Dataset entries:
_ _ _ _ _ _ _

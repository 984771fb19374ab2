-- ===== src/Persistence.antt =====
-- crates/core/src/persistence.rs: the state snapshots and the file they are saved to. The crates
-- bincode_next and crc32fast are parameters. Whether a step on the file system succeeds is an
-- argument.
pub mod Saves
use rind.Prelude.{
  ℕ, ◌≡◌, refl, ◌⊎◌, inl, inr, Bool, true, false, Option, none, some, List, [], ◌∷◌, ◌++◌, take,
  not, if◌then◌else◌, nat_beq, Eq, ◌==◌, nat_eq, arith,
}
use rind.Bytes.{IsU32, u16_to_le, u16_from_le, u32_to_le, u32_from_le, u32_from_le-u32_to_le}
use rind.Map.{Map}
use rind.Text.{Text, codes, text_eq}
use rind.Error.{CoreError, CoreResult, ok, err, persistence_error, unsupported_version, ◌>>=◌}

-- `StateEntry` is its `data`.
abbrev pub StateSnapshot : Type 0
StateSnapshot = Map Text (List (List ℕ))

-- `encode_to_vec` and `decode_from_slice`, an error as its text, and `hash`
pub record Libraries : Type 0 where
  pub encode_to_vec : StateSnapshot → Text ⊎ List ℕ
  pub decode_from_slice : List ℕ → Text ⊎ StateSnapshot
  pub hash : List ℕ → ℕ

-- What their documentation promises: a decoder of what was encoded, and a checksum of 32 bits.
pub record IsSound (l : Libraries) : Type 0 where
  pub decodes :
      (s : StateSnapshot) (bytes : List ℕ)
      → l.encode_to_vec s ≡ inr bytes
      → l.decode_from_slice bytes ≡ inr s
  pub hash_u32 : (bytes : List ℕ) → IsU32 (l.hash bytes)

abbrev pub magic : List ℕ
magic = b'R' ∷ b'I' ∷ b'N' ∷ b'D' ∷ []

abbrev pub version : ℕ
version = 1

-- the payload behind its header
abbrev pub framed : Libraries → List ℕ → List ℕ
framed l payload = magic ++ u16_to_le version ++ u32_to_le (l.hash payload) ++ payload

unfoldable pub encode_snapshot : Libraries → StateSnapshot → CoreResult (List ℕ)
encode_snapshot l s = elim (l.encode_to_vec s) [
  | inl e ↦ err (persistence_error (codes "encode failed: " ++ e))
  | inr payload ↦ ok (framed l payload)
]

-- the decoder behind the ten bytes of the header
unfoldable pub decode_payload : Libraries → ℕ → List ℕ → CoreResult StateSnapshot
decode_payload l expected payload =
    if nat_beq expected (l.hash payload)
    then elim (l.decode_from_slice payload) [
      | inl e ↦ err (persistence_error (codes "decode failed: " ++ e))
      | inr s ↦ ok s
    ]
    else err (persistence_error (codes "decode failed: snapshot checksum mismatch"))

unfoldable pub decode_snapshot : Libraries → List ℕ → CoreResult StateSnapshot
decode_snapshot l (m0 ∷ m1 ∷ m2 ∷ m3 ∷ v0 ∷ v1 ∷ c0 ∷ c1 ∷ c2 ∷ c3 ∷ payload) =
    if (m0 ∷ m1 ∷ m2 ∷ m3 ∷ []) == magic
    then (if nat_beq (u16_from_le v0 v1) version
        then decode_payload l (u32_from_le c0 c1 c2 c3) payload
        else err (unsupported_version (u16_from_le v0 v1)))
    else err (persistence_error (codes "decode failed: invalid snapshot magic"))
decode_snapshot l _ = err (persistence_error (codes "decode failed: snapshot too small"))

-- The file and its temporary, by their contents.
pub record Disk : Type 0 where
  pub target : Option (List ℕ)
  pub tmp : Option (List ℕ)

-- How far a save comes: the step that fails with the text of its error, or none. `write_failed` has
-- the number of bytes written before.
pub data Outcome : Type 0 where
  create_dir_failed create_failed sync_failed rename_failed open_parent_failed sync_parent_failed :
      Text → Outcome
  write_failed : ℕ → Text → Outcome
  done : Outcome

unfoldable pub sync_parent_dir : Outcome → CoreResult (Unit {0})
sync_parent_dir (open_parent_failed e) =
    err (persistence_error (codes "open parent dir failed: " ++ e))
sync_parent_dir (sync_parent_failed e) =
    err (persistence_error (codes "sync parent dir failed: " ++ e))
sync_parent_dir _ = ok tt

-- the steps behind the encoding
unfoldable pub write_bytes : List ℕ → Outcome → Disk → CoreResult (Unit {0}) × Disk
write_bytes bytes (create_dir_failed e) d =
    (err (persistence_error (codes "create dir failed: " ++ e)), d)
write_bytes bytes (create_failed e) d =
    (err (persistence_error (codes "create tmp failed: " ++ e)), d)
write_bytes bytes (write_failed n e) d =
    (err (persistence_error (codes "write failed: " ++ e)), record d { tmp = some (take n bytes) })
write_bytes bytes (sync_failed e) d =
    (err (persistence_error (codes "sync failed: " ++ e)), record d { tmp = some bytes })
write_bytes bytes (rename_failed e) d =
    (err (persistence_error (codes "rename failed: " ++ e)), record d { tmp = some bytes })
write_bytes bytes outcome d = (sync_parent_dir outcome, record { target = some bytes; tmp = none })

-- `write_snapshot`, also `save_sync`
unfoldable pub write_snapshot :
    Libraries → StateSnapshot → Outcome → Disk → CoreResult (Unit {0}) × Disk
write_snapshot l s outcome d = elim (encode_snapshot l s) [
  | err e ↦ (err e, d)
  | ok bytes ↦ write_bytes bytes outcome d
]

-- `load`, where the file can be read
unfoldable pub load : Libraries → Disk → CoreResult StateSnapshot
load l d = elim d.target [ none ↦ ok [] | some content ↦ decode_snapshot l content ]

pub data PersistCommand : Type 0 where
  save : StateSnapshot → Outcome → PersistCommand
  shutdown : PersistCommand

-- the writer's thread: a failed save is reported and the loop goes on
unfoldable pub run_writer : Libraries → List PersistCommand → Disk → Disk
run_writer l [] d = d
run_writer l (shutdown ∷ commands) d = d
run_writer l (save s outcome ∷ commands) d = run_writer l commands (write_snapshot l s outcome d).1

_ _ _ _ _ _ _

From the data above, reproduce word for word the lines running from the line with "(s : StateSnapshot) (bytes : List ℕ)" to the line with "else err (unsupported_version", ends included.

• [Finished exercise]:
      (s : StateSnapshot) (bytes : List ℕ)
      → l.encode_to_vec s ≡ inr bytes
      → l.decode_from_slice bytes ≡ inr s
  pub hash_u32 : (bytes : List ℕ) → IsU32 (l.hash bytes)

abbrev pub magic : List ℕ
magic = b'R' ∷ b'I' ∷ b'N' ∷ b'D' ∷ []

abbrev pub version : ℕ
version = 1

-- the payload behind its header
abbrev pub framed : Libraries → List ℕ → List ℕ
framed l payload = magic ++ u16_to_le version ++ u32_to_le (l.hash payload) ++ payload

unfoldable pub encode_snapshot : Libraries → StateSnapshot → CoreResult (List ℕ)
encode_snapshot l s = elim (l.encode_to_vec s) [
  | inl e ↦ err (persistence_error (codes "encode failed: " ++ e))
  | inr payload ↦ ok (framed l payload)
]

-- the decoder behind the ten bytes of the header
unfoldable pub decode_payload : Libraries → ℕ → List ℕ → CoreResult StateSnapshot
decode_payload l expected payload =
    if nat_beq expected (l.hash payload)
    then elim (l.decode_from_slice payload) [
      | inl e ↦ err (persistence_error (codes "decode failed: " ++ e))
      | inr s ↦ ok s
    ]
    else err (persistence_error (codes "decode failed: snapshot checksum mismatch"))

unfoldable pub decode_snapshot : Libraries → List ℕ → CoreResult StateSnapshot
decode_snapshot l (m0 ∷ m1 ∷ m2 ∷ m3 ∷ v0 ∷ v1 ∷ c0 ∷ c1 ∷ c2 ∷ c3 ∷ payload) =
    if (m0 ∷ m1 ∷ m2 ∷ m3 ∷ []) == magic
    then (if nat_beq (u16_from_le v0 v1) version
        then decode_payload l (u32_from_le c0 c1 c2 c3) payload
        else err (unsupported_version (u16_from_le v0 v1)))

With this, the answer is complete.